§ WHAT YOU NEED TO DO
In the records that follow, find the line with "check_duplicate_and_add_share put_job validate_diff"; from there, retype every line exactly through the line with "extended = record", which also belongs to the answer.

§ DATA LISTING
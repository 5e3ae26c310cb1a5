-- ===== src/Tests/Validation.antt =====
-- The validator of internal/resources/hashrate/validator on small inputs. The hash function is a
-- constant one.
use proxy_router.Prelude.{
  zero, suc, String, sym, subst, inl, inr, ℕ, ◌*◌, ◌/◌, ◌≤◌, ◌≡◌, ◌↔◌, ◌⊎◌, refl, true, false, List,
  [], ◌∷◌, none, some, arith, replicate, string_eq,
}
use proxy_router.Prelude.Options.{Returns}
use proxy_router.Prelude.Int.{ℤ, pos}
use proxy_router.Prelude.Assoc.{lookup, insert}
use proxy_router.Floats.Exact.{exact}
use proxy_router.Stratum.{
  MiningNotify, MiningSubmit, new_mining_submit, get_job_id, get_extra_nonce2, get_ntime, get_nonce,
  get_vmask,
}
use proxy_router.Stratum.Hex.{decode}
use proxy_router.Containers.BoundStackMap as B
use proxy_router.Validator.{
  Validator, MiningJob, ShareResult, job_not_found, duplicate_share, add_new_job, share_of,
  serialize_share, first_four, validate_and_add_share, new_mining_job, set_version_rolling_mask,
  schedule_clean_jobs, with_job, check_share, after_check, check_duplicate_and_add_share, put_job,
}
use proxy_router.Validator.Diff.{
  diff_one, validate_diff, header_hash, header, decode_swap_words, merkle_loop, version_bytes,
  check_result,
}
use proxy_router.Validator.Diff.Target.{validate_diff_target}
use proxy_router.Validator.Shares.{serialize_share_injective}
use proxy_router.Validator.Seen.{Call, adds, sets_mask}
use proxy_router.Validator.Seen.Once.{run, validate_once}
use proxy_router.Validator.Expiry.{add_jobs, add_new_job_expires}
use proxy_router.Proxy.Dest.{ConnDest}
use proxy_router.Proxy.Change.{runs, Proxy}
use proxy_router.Proxy.Jobs.{get_dest_by_job_id_and_validate}
use proxy_router.Proxy.Jobs.Search.{Held, Total, Right, get_dest_by_job_id_and_validate-Right}

abbrev hash : List ℕ → List ℕ
hash bytes = replicate 24 1

abbrev notify : MiningNotify
notify = record {
  job_id = "j1";
  prev_block_hash = "0011223344556677";
  gen1 = "01";
  gen2 = "02";
  merkel = "aa" ∷ [];
  version = "20000004";
  nbits = "1709a7af";
  ntime = "62cea7e2";
  clean_jobs = true;
}

abbrev submit : MiningSubmit
submit = new_mining_submit "worker" "j1" "0000" "62cea7a6" "f9b40000"

abbrev share : List ℕ
share =
    0 ∷ 0 ∷ 0 ∷ 0 ∷ 0 ∷ 0 ∷ 0 ∷ 0 ∷ 98 ∷ 206 ∷ 167 ∷ 166 ∷ 249 ∷ 180 ∷ 0 ∷ 0 ∷ 0 ∷ 0 ∷ 0 ∷ 0 ∷ []

abbrev job : MiningJob ℤ
job = record {
  notify = notify;
  diff = pos 5;
  extra_nonce1 = "ab";
  extra_nonce2_size = 2;
  shares = [];
  expiration_time = none;
}

abbrev start : Validator ℤ
start = record {
  jobs = record { capacity = 30; data_map = ("j1", job) ∷ []; ordered_keys = "j1" ∷ []; cc = 1 };
  version_rolling_mask = "00000000";
  clean_job_timeout = 120;
}

share_runs : share_of submit ≡ some share
unfolding share_of new_mining_submit get_extra_nonce2 get_ntime get_nonce get_vmask serialize_share
    first_four decode
share_runs = refl

abbrev hash_number : ℕ
hash_number = 24616085236810512799356036953755554572950413507702096129

hash_runs : header_hash hash "ab" "00000000" notify submit ≡ some hash_number
unfolding header_hash header new_mining_submit version_bytes decode_swap_words merkle_loop decode
hash_runs = refl

validate_diff_target_example :
    Returns
      (λ r. (r.0 ≡ diff_one / hash_number) × ((r.1 ≡ true) ↔ (5 * hash_number ≤ diff_one)))
      (validate_diff hash "ab" 5 "00000000" notify submit)
validate_diff_target_example =
    validate_diff_target hash "ab" 5 "00000000" notify submit hash_number hash_runs (omega arith)
      (omega arith)

same_bytes :
    serialize_share "0000" "62cea7a6" "f9b40000" "00e00000"
    ≡ serialize_share "0000" "62CEA7A6" "f9b40000" "00E00000"
unfolding serialize_share first_four decode
same_bytes = refl

serialize_share_injective_example :
    (decode "0000" ≡ decode "0000")
    × (decode "62cea7a6" ≡ decode "62CEA7A6")
    × (decode "f9b40000" ≡ decode "f9b40000")
    × (decode "00e00000" ≡ decode "00E00000")
unfolding decode
serialize_share_injective_example =
    serialize_share_injective 2 "0000" "62cea7a6" "f9b40000" "00e00000" "0000" "62CEA7A6" "f9b40000"
      "00E00000" (omega arith)
      (record { enonce2_size = refl; ntime_size = refl; nonce_size = refl; vmask_size = refl })
      (record { enonce2_size = refl; ntime_size = refl; nonce_size = refl; vmask_size = refl })
      same_bytes

-- The validator after the share.
abbrev shared : Validator ℤ
shared = record start {
  jobs = record start.jobs { data_map = ("j1", record job { shares = share ∷ [] }) ∷ [] };
}

abbrev passed : ShareResult
passed = record { diff = 1095199948800; error = none }

validate_runs : validate_and_add_share exact hash 10 submit start ≡ some (shared, passed)
unfolding validate_and_add_share with_job check_share share_of new_mining_submit serialize_share
    decode get_job_id B.get lookup get_extra_nonce2 get_ntime get_nonce get_vmask insert after_check
    check_duplicate_and_add_share put_job validate_diff header_hash header version_bytes
    decode_swap_words merkle_loop check_result
validate_runs = refl

abbrev later : List (Call ℤ)
later =
    sets_mask "ffffffff"
    ∷ adds 11 (record notify { job_id = "j2"; clean_jobs = false }) (pos 7) "ab" 2
    ∷ []

abbrev ended : Validator ℤ
ended = record {
  jobs = record {
    capacity = 30;
    data_map =
        ("j1", record job { shares = share ∷ [] })
        ∷ (
          "j2",
          record job { notify = record notify { job_id = "j2"; clean_jobs = false }; diff = pos 7 },
        )
        ∷ [];
    ordered_keys = "j1" ∷ "j2" ∷ [];
    cc = 2;
  };
  version_rolling_mask = "ffffffff";
  clean_job_timeout = 120;
}

run_runs : run exact hash later shared ≡ some ended
unfolding add_new_job B.push set_version_rolling_mask insert new_mining_job
run_runs = refl

validate_once_example :
    Returns
      (λ x. (x.0 ≡ ended) × ((x.1.error ≡ some job_not_found) ⊎ (x.1.error ≡ some duplicate_share)))
      (validate_and_add_share exact hash 12 submit ended)
unfolding new_mining_submit get_job_id
validate_once_example =
    validate_once exact hash "j1" share 10 12 submit submit later start shared ended passed refl
      share_runs validate_runs (λ e. ground (arith, e))
      ((λ e. ground (arith, e, string_eq.beq_iff "j2" "j1")), tt) run_runs refl share_runs

abbrev replaced : Validator ℤ
replaced = record {
  jobs = record {
    capacity = 30;
    data_map =
        ("j1", record job { expiration_time = some 220 })
        ∷ ("j2", record job { notify = record notify { job_id = "j2" }; diff = pos 7 })
        ∷ [];
    ordered_keys = "j1" ∷ "j2" ∷ [];
    cc = 2;
  };
  version_rolling_mask = "00000000";
  clean_job_timeout = 120;
}

add_runs : add_new_job 100 (record notify { job_id = "j2" }) (pos 7) "ab" 2 start ≡ some replaced
unfolding add_new_job B.push schedule_clean_jobs insert new_mining_job
add_runs = refl

-- A third job comes, without the flag.
abbrev third : MiningNotify
third = record notify { job_id = "j3"; clean_jobs = false }

abbrev extended : Validator ℤ
extended = record replaced {
  jobs = record {
    capacity = 30;
    data_map =
        ("j1", record job { expiration_time = some 220 })
        ∷ ("j2", record job { notify = record notify { job_id = "j2" }; diff = pos 7 })
        ∷ ("j3", new_mining_job third (pos 7) "ab" 2)
        ∷ [];
    ordered_keys = "j1" ∷ "j2" ∷ "j3" ∷ [];
    cc = 3;
  };
}

later_runs : add_jobs exact hash ((150, third, pos 7, "ab", 2) ∷ []) replaced ≡ some extended
unfolding add_new_job B.push schedule_clean_jobs insert new_mining_job
later_runs = refl

add_new_job_expires_example :
    validate_and_add_share exact hash 221 submit extended
    ≡ some (extended, record { diff = 0; error = some job_not_found })
unfolding new_mining_submit get_job_id
add_new_job_expires_example =
    add_new_job_expires exact hash "j1" 100 221 (record notify { job_id = "j2" }) (pos 7) "ab" 2
      ((150, third, pos 7, "ab", 2) ∷ []) replaced start extended submit refl add_runs
      (refl, (λ e. ground (arith, e, string_eq.beq_iff "j3" "j1")), tt) later_runs refl
      (λ e. ground (arith, e, string_eq.beq_iff "j1" "j2")) (omega arith)

abbrev no_jobs : Validator ℤ
no_jobs = record start { jobs = record { capacity = 30; data_map = []; ordered_keys = []; cc = 0 } }

abbrev conn : String → Validator ℤ → ConnDest ℤ String
conn url v = record {
  id = url;
  user_name = "user";
  dest_url = url;
  diff = 0;
  extra_nonce1 = "";
  extra_nonce2_size = 0;
  version_rolling = false;
  version_rolling_mask = "";
  validator = v;
  first_job = true;
  result_handlers = [];
  auto_read = none;
  closed = false;
  idle_close_at = 0;
}

-- The second of two connections has the job.
abbrev proxy : Proxy ℤ String String
proxy = record {
  source = record { extra_nonce = ""; extra_nonce_size = 0; written = [] };
  conns = λ d. elim d [ zero ↦ conn "a" no_jobs | suc _ ↦ conn "b" start ];
  next = 2;
  dest = 0;
  dest_url = "a";
  dest_map = ("a", 0) ∷ ("b", 1) ∷ [];
  max_cached_dests = 2;
  on_submit = none;
  pipe_dest = 0;
  directions = record { source_to_dest = runs; dest_to_source = runs };
}

no_jobs_run : Returns (λ _. Unit {0}) (validate_and_add_share exact hash 10 submit no_jobs)
unfolding validate_and_add_share with_job new_mining_submit get_job_id B.get lookup
no_jobs_run = tt

proxy-Total : Total exact hash 10 submit "j1" proxy.conns proxy.dest_map
proxy-Total d (inl q) =
    subst
      (λ i.
        Returns (λ _. Unit {0})
          (validate_and_add_share exact hash 10 submit (proxy.conns i).validator))
      (sym q) no_jobs_run
proxy-Total d (inr (inl q)) =
    subst
      (λ i.
        Returns (λ _. Unit {0})
          (validate_and_add_share exact hash 10 submit (proxy.conns i).validator))
      (sym q) (rw validate_runs tt)
proxy-Total d (inr (inr z)) = absurd z

apart_0_1 : ¬ (Held 0 (("b", 1) ∷ []))
apart_0_1 (inl q) = omega (arith, q)
apart_0_1 (inr z) = z

get_dest_by_job_id_and_validate-Right_example :
    Returns
      (λ r.
        Right exact hash 10 submit "j1" proxy.conns r.0.conns r.1 proxy.dest_map
        × ((e : ℕ) → ¬ (Held e proxy.dest_map) → r.0.conns e ≡ proxy.conns e)
        × (r.0 ≡ record proxy { conns = r.0.conns }))
      (get_dest_by_job_id_and_validate exact hash 10 submit proxy)
unfolding new_mining_submit get_job_id
get_dest_by_job_id_and_validate-Right_example =
    get_dest_by_job_id_and_validate-Right exact hash 10 submit "j1" proxy refl
      (apart_0_1, ((λ z. z), tt)) proxy-Total
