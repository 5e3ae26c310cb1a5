-- ===== src/Tests/Watching.antt =====
-- The contracts of a manager (internal/contractmanager/contract_manager.go). A contract is its ID.
use proxy_router.Prelude.{ℕ, ◌≡◌, refl, sym, false, String, List, [], ◌∷◌, Option, none, some, inr}
use proxy_router.Prelude.Options.{some_inj}
use proxy_router.Prelude.Int.{pos}
use proxy_router.Prelude.Assoc.{lookup, insert, delete}
use proxy_router.Containers.Collection.{load, store, delete_item}
use proxy_router.Terms.{EncryptedTerms}
use proxy_router.ContractManager.{
  Manager, Event, contract_created, contract_purchased, contract_exited, run, load_contracts,
  run_events, clone_factory_controller, handle_contract_created, handle_contract_purchased,
  is_our_contract, add_contract, start_contract, exited,
}
use proxy_router.ContractManager.Watched.{Watched, run-Watched}

abbrev terms : String → String → EncryptedTerms ℕ
terms id buyer = record {
  base = record {
    contract_id = id;
    seller = "seller";
    buyer = buyer;
    validator = "validator";
    starts_at = none;
    duration = 3600;
    hashrate = 100;
    price = pos 1;
    profit_target = pos 0;
    is_deleted = false;
    balance = pos 0;
    has_future_terms = false;
    version = 0;
  };
  validator_url_encrypted = "";
  dest_encrypted = "";
}

abbrev factory : EncryptedTerms ℕ → Option String
factory data_ = some data_.base.contract_id

factory_keeps_id :
    (data_ : EncryptedTerms ℕ) (c : String) → factory data_ ≡ some c → c ≡ data_.base.contract_id
factory_keeps_id data_ c e = sym (some_inj data_.base.contract_id c e)

abbrev empty : Manager String
empty = record { contracts = []; running = []; synced = [] }

empty-Watched : Watched empty
unfolding Watched load lookup
empty-Watched i = refl

abbrev events : List (Event ℕ String)
events =
    contract_created (inr (terms "c1" "we"))
    ∷ contract_purchased (inr (terms "c2" "other"))
    ∷ contract_purchased (inr (terms "c3" "we"))
    ∷ contract_exited "c1"
    ∷ []

run-Watched_example :
    Watched (run (λ c. c) factory "we" (inr (terms "c1" "we") ∷ []) events empty).0
run-Watched_example =
    run-Watched (λ c. c) factory "we" factory_keeps_id (inr (terms "c1" "we") ∷ []) events empty
      empty-Watched

run_leaves_one :
    (run {E = String} (λ c. c) factory "we" (inr (terms "c1" "we") ∷ []) events empty).0
    ≡ record { contracts = ("c3", "c3") ∷ []; running = "c3" ∷ []; synced = [] }
unfolding run load_contracts run_events clone_factory_controller handle_contract_created
    handle_contract_purchased is_our_contract add_contract start_contract exited load store
    delete_item lookup insert delete
run_leaves_one = refl
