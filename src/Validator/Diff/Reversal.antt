-- ===== src/Validator/Diff/Reversal.antt =====
-- The loop of `reverse` in validator_diff.go swaps in place: what it leaves at each position.
use proxy_router.Prelude.{
  ℕ, zero, suc, ◌+◌, ◌-◌, ◌≤◌, ◌<◌, ◌≡◌, ◌≢◌, ◌⊎◌, inl, inr, refl, sym, ap, ◌∙◌, List, [], ◌∷◌,
  some, arith, ltb, length, get_elem?, get_or, set, length-set, get_elem?-set_self,
  get_elem?-set_ne, Bool-cases, ℕ_discrete,
}
use proxy_router.Validator.Diff.{reverse, reverse_loop, swap}

get_elem?-get_or : (xs : List ℕ) (i : ℕ) → i < length xs → get_elem? xs i ≡ some (get_or xs i 0)
get_elem?-get_or [] i h = elim h [ ]
get_elem?-get_or (x ∷ xs) zero h = refl
get_elem?-get_or (x ∷ xs) (suc i) h = get_elem?-get_or xs i (omega arith)

length-swap : (i j : ℕ) (xs : List ℕ) → length (swap i j xs) ≡ length xs
length-swap i j xs =
    length-set (set xs i (get_or xs j 0)) j (get_or xs i 0) ∙ length-set xs i (get_or xs j 0)

swap_left :
    (i j : ℕ) (xs : List ℕ) → i < j → j < length xs → get_elem? (swap i j xs) i ≡ get_elem? xs j
swap_left i j xs h l =
    get_elem?-set_ne (set xs i (get_or xs j 0)) (get_or xs i 0) (λ e. omega (arith, e))
    ∙ get_elem?-set_self xs i (get_or xs j 0) (omega arith)
    ∙ sym (get_elem?-get_or xs j l)

swap_right :
    (i j : ℕ) (xs : List ℕ) → i < j → j < length xs → get_elem? (swap i j xs) j ≡ get_elem? xs i
swap_right i j xs h l =
    get_elem?-set_self (set xs i (get_or xs j 0)) j (get_or xs i 0)
      (omega (arith, length-set xs i (get_or xs j 0)))
    ∙ sym (get_elem?-get_or xs i (omega arith))

swap_other : (i j k : ℕ) (xs : List ℕ) → i ≢ k → j ≢ k → get_elem? (swap i j xs) k ≡ get_elem? xs k
swap_other i j k xs h l =
    get_elem?-set_ne (set xs i (get_or xs j 0)) (get_or xs i 0) l
    ∙ get_elem?-set_ne xs (get_or xs j 0) h

length-reverse_loop : (n i j : ℕ) (xs : List ℕ) → length (reverse_loop n i j xs) ≡ length xs
unfolding reverse_loop
length-reverse_loop zero i j xs = refl
length-reverse_loop (suc n) i j xs =
    ground (arith, length-reverse_loop n (i + 1) (j - 1) (swap i j xs), length-swap i j xs)

-- Outside of `i` to `j` nothing moves.
loop_outside :
    (n i j k : ℕ) (xs : List ℕ)
    → (k < i) ⊎ (j < k)
    → get_elem? (reverse_loop n i j xs) k ≡ get_elem? xs k
unfolding reverse_loop
loop_outside zero i j k xs o = refl
loop_outside (suc n) i j k xs o = elim (Bool-cases (ltb i j)) [
  | inr e ↦ rw (e, reverse_loop)
  | inl e ↦
      rw (e, reverse_loop)
        (loop_outside n (i + 1) (j - 1) k (swap i j xs) (ground arith)
          ∙ swap_other i j k xs (λ e'. ground (arith, e')) (λ e'. ground (arith, e')))
]

-- One round, whatever the rounds within it do to the positions between.
mirror_round :
    (i j k : ℕ) (xs ys : List ℕ)
    → i < j
    → j < length xs
    → ((m : ℕ) → (m < i + 1) ⊎ (j - 1 < m) → get_elem? ys m ≡ get_elem? (swap i j xs) m)
    → (i + 1 ≤ k → k ≤ j - 1 → get_elem? ys k ≡ get_elem? (swap i j xs) (i + 1 + (j - 1) - k))
    → i ≤ k
    → k ≤ j
    → Dec (i ≡ k)
    → Dec (j ≡ k)
    → get_elem? ys k ≡ get_elem? xs (i + j - k)
mirror_round i j k xs ys h l out within a b (yes p) _ =
    out k (inl (omega (arith, p)))
    ∙ ap (get_elem? (swap i j xs)) (sym p)
    ∙ swap_left i j xs h l
    ∙ ap (get_elem? xs) (omega (arith, p))
mirror_round i j k xs ys h l out within a b (no _) (yes p) =
    out k (inr (omega (arith, p)))
    ∙ ap (get_elem? (swap i j xs)) (sym p)
    ∙ swap_right i j xs h l
    ∙ ap (get_elem? xs) (omega (arith, p))
mirror_round i j k xs ys h l out within a b (no p) (no q) =
    within (ground (arith, p)) (ground (arith, q))
    ∙ swap_other i j (i + 1 + (j - 1) - k) xs (λ e. q (omega (arith, e)))
        (λ e. p (omega (arith, e)))
    ∙ ap (get_elem? xs) (omega (arith, h))

-- From `i` to `j` the positions change places about the middle.
loop_inside :
    (n i j k : ℕ) (xs : List ℕ)
    → j < length xs
    → j < i + n
    → i ≤ k
    → k ≤ j
    → get_elem? (reverse_loop n i j xs) k ≡ get_elem? xs (i + j - k)
unfolding reverse_loop
loop_inside zero i j k xs l f a b = absurd (omega arith)
loop_inside (suc n) i j k xs l f a b = elim (Bool-cases (ltb i j)) [
  | inr e ↦ rw (e, reverse_loop) (ap (get_elem? xs) (ground arith))
  | inl e ↦
      let h : i < j = ground (arith, e) in
      rw (e, reverse_loop)
        (mirror_round i j k xs (reverse_loop n (i + 1) (j - 1) (swap i j xs)) h l
          (λ m o. loop_outside n (i + 1) (j - 1) m (swap i j xs) o)
          (λ c d.
            loop_inside n (i + 1) (j - 1) k (swap i j xs) (omega (arith, length-swap i j xs))
              (omega arith) c d)
          a b (ℕ_discrete i k) (ℕ_discrete j k))
]

-- `reverse` keeps the length, and the byte at each position is the one that stood as far from the
-- other end.
pub reverse_mirror :
    (xs : List ℕ) (k : ℕ)
    → k < length xs
    → (length (reverse xs) ≡ length xs)
      × (get_elem? (reverse xs) k ≡ get_elem? xs (length xs - 1 - k))
unfolding reverse
reverse_mirror xs k h = (
  length-reverse_loop (length xs) 0 (length xs - 1) xs,
  loop_inside (length xs) 0 (length xs - 1) k xs (omega arith) (omega arith) (omega arith)
        (omega arith)
      ∙ ap (get_elem? xs) (omega arith),
)
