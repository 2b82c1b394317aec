-- ===== src/Interrupts.antt =====
-- The interrupt table and the handlers of arch/x86/kernel/interrupts.c.
pub mod Idt
pub mod Dispatch
mod Tests
use rotary_os.Base.{
  ℕ, zero, suc, ◌+◌, ◌-◌, ◌*◌, ◌/◌, ◌%◌, ◌^◌, Bool, true, false, not, ◌==◌, ltb, if◌then◌else◌,
  update, bit_and, shr, List, [], ◌∷◌, ◌++◌,
}
use rotary_os.Ports.{Ports}
use rotary_os.Pic.{pic_send_eoi}

pub record IdtGate : Type 0 where
  pub low_offset : ℕ
  pub segment_selector : ℕ
  pub reserved : ℕ
  pub attributes : ℕ
  pub high_offset : ℕ

pub record IdtPointer : Type 0 where
  pub limit : ℕ
  pub base : ℕ

abbrev pub int_page_fault : ℕ
int_page_fault = 14

abbrev pub int_pit : ℕ
int_pit = 32

abbrev pub int_keyboard : ℕ
int_keyboard = 33

abbrev pub low_16 : ℕ → ℕ
low_16 address = bit_and address 0xffff

abbrev pub high_16 : ℕ → ℕ
high_16 address = bit_and (shr address 16) 0xffff

pub set_idt_gate : (ℕ → IdtGate) → (int_num handle_addr : ℕ) → ℕ → IdtGate
set_idt_gate idt int_num handle_addr = update idt int_num (record {
  low_offset = low_16 handle_addr;
  segment_selector = 0x08;
  reserved = 0x00;
  attributes = 0x8e;
  high_offset = high_16 handle_addr;
})

-- `idt` is the address of the table, of 256 gates of 8 bytes.
abbrev pub idt_load : (idt : ℕ) → ℕ × IdtPointer
idt_load idt = (1, record { base = idt; limit = 256 * 8 - 1 })

-- The calls of `set_idt_gate` one after another: `rounds` of them, for the numbers from `i` on. `isr`
-- gives the addresses of the assembly routines `isr0` to `isr47`.
pub set_gates : (rounds : ℕ) → (ℕ → IdtGate) → (isr : ℕ → ℕ) → (i : ℕ) → ℕ → IdtGate
set_gates zero idt isr i = idt
set_gates (suc n) idt isr i = set_gates n (set_idt_gate idt i (isr i)) isr (i + 1)

unfoldable pub idt_init : (ℕ → IdtGate) → (isr : ℕ → ℕ) → ℕ × (ℕ → IdtGate)
idt_init idt isr = (1, set_gates 48 idt isr 0)

abbrev pub register_interrupt_handler : (ℕ → ℕ) → (int_num handler_addr : ℕ) → ℕ → ℕ
register_interrupt_handler interrupt_handlers int_num handler_addr =
    update interrupt_handlers int_num handler_addr

pub record IsrRegisters : Type 0 where
  pub edi : ℕ
  pub esi : ℕ
  pub ebp : ℕ
  pub esp : ℕ
  pub ebx : ℕ
  pub edx : ℕ
  pub ecx : ℕ
  pub eax : ℕ
  pub int_num : ℕ
  pub error_code : ℕ
  pub eip : ℕ
  pub cs : ℕ
  pub eflags : ℕ

-- What `isr_handler` prints of an exception: its number, its name, the registers, and of a page
-- fault the address and the causes that the error code tells.
pub data Message : Type 0 where
  isr_called : ℕ → Message
  exception_name : ℕ → Message
  dump : IsrRegisters → Message
  fault_at : ℕ → Message
  protection_violation : Message
  non_present : Message
  was_write : Message
  was_read : Message
  user_mode : Message
  supervisor_mode : Message
  reserved_bit : Message
  instruction_fetch : Message
  protection_key : Message
  shadow_stack : Message

-- Bit `k` of the error code is set.
abbrev pub has_bit : (error_code k : ℕ) → Bool
has_bit error_code k = bit_and (shr error_code k) 0x1 == 1

abbrev pub when_set : Bool → Message → List Message
when_set b m = if b then m ∷ [] else []

pub page_fault_report : (error_code cr2 : ℕ) → List Message
page_fault_report e cr2 =
    fault_at cr2
    ∷ (if has_bit e 0 then protection_violation else non_present)
    ∷ (if has_bit e 1 then was_write else was_read)
    ∷ (if has_bit e 2 then user_mode else supervisor_mode)
    ∷ (when_set (has_bit e 3) reserved_bit
        ++ (when_set (has_bit e 4) instruction_fetch
            ++ (when_set (has_bit e 5) protection_key ++ when_set (has_bit e 6) shadow_stack)))

-- The names that the code knows are those of the exceptions from 0 to 14.
pub exception_report : IsrRegisters → (cr2 : ℕ) → List Message
exception_report r cr2 =
    isr_called r.int_num
    ∷ (when_set (ltb r.int_num 15) (exception_name r.int_num)
        ++ dump r
          ∷ (if r.int_num == int_page_fault then page_fault_report r.error_code cr2 else []))

-- The ports, and what the handlers keep.
abbrev pub World : Type 0 → Type 0
World S = Ports × S

-- `call` is the code at an address. The messages are what is printed of an exception; the
-- `debug_break` behind them changes nothing.
pub isr_handler :
    {S : Type 0}
    → (call : ℕ → IsrRegisters → World S → World S) → (interrupt_handlers : ℕ → ℕ) → IsrRegisters
    → (cr2 : ℕ) → World S
    → List Message × World S
isr_handler call interrupt_handlers r cr2 w =
    let w₁ = if r.int_num == int_pit then (pic_send_eoi (w.0) r.int_num, w.1) else w in
    let handler = interrupt_handlers r.int_num in
    let w₂ = if not (handler == 0) then call handler r w₁ else w₁ in
    (if ltb r.int_num 32 then exception_report r cr2 else [], (pic_send_eoi (w₂.0) r.int_num, w₂.1))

§ RESPONSE AREA
    check_duplicate_and_add_share put_job validate_diff header_hash header version_bytes
    decode_swap_words merkle_loop check_result
validate_runs = refl

abbrev later : List (Call ℤ)
later =
    sets_mask "ffffffff"
    ∷ adds 11 (record notify { job_id = "j2"; clean_jobs = false }) (pos 7) "ab" 2
    ∷ []

abbrev ended : Validator ℤ
ended = record {
  jobs = record {
    capacity = 30;
    data_map =
        ("j1", record job { shares = share ∷ [] })
        ∷ (
          "j2",
          record job { notify = record notify { job_id = "j2"; clean_jobs = false }; diff = pos 7 },
        )
        ∷ [];
    ordered_keys = "j1" ∷ "j2" ∷ [];
    cc = 2;
  };
  version_rolling_mask = "ffffffff";
  clean_job_timeout = 120;
}

run_runs : run exact hash later shared ≡ some ended
unfolding add_new_job B.push set_version_rolling_mask insert new_mining_job
run_runs = refl

validate_once_example :
    Returns
      (λ x. (x.0 ≡ ended) × ((x.1.error ≡ some job_not_found) ⊎ (x.1.error ≡ some duplicate_share)))
      (validate_and_add_share exact hash 12 submit ended)
unfolding new_mining_submit get_job_id
validate_once_example =
    validate_once exact hash "j1" share 10 12 submit submit later start shared ended passed refl
      share_runs validate_runs (λ e. ground (arith, e))
      ((λ e. ground (arith, e, string_eq.beq_iff "j2" "j1")), tt) run_runs refl share_runs

abbrev replaced : Validator ℤ
replaced = record {
  jobs = record {
    capacity = 30;
    data_map =
        ("j1", record job { expiration_time = some 220 })
        ∷ ("j2", record job { notify = record notify { job_id = "j2" }; diff = pos 7 })
        ∷ [];
    ordered_keys = "j1" ∷ "j2" ∷ [];
    cc = 2;
  };
  version_rolling_mask = "00000000";
  clean_job_timeout = 120;
}

add_runs : add_new_job 100 (record notify { job_id = "j2" }) (pos 7) "ab" 2 start ≡ some replaced
unfolding add_new_job B.push schedule_clean_jobs insert new_mining_job
add_runs = refl

-- A third job comes, without the flag.
abbrev third : MiningNotify
third = record notify { job_id = "j3"; clean_jobs = false }

abbrev extended : Validator ℤ
extended = record replaced {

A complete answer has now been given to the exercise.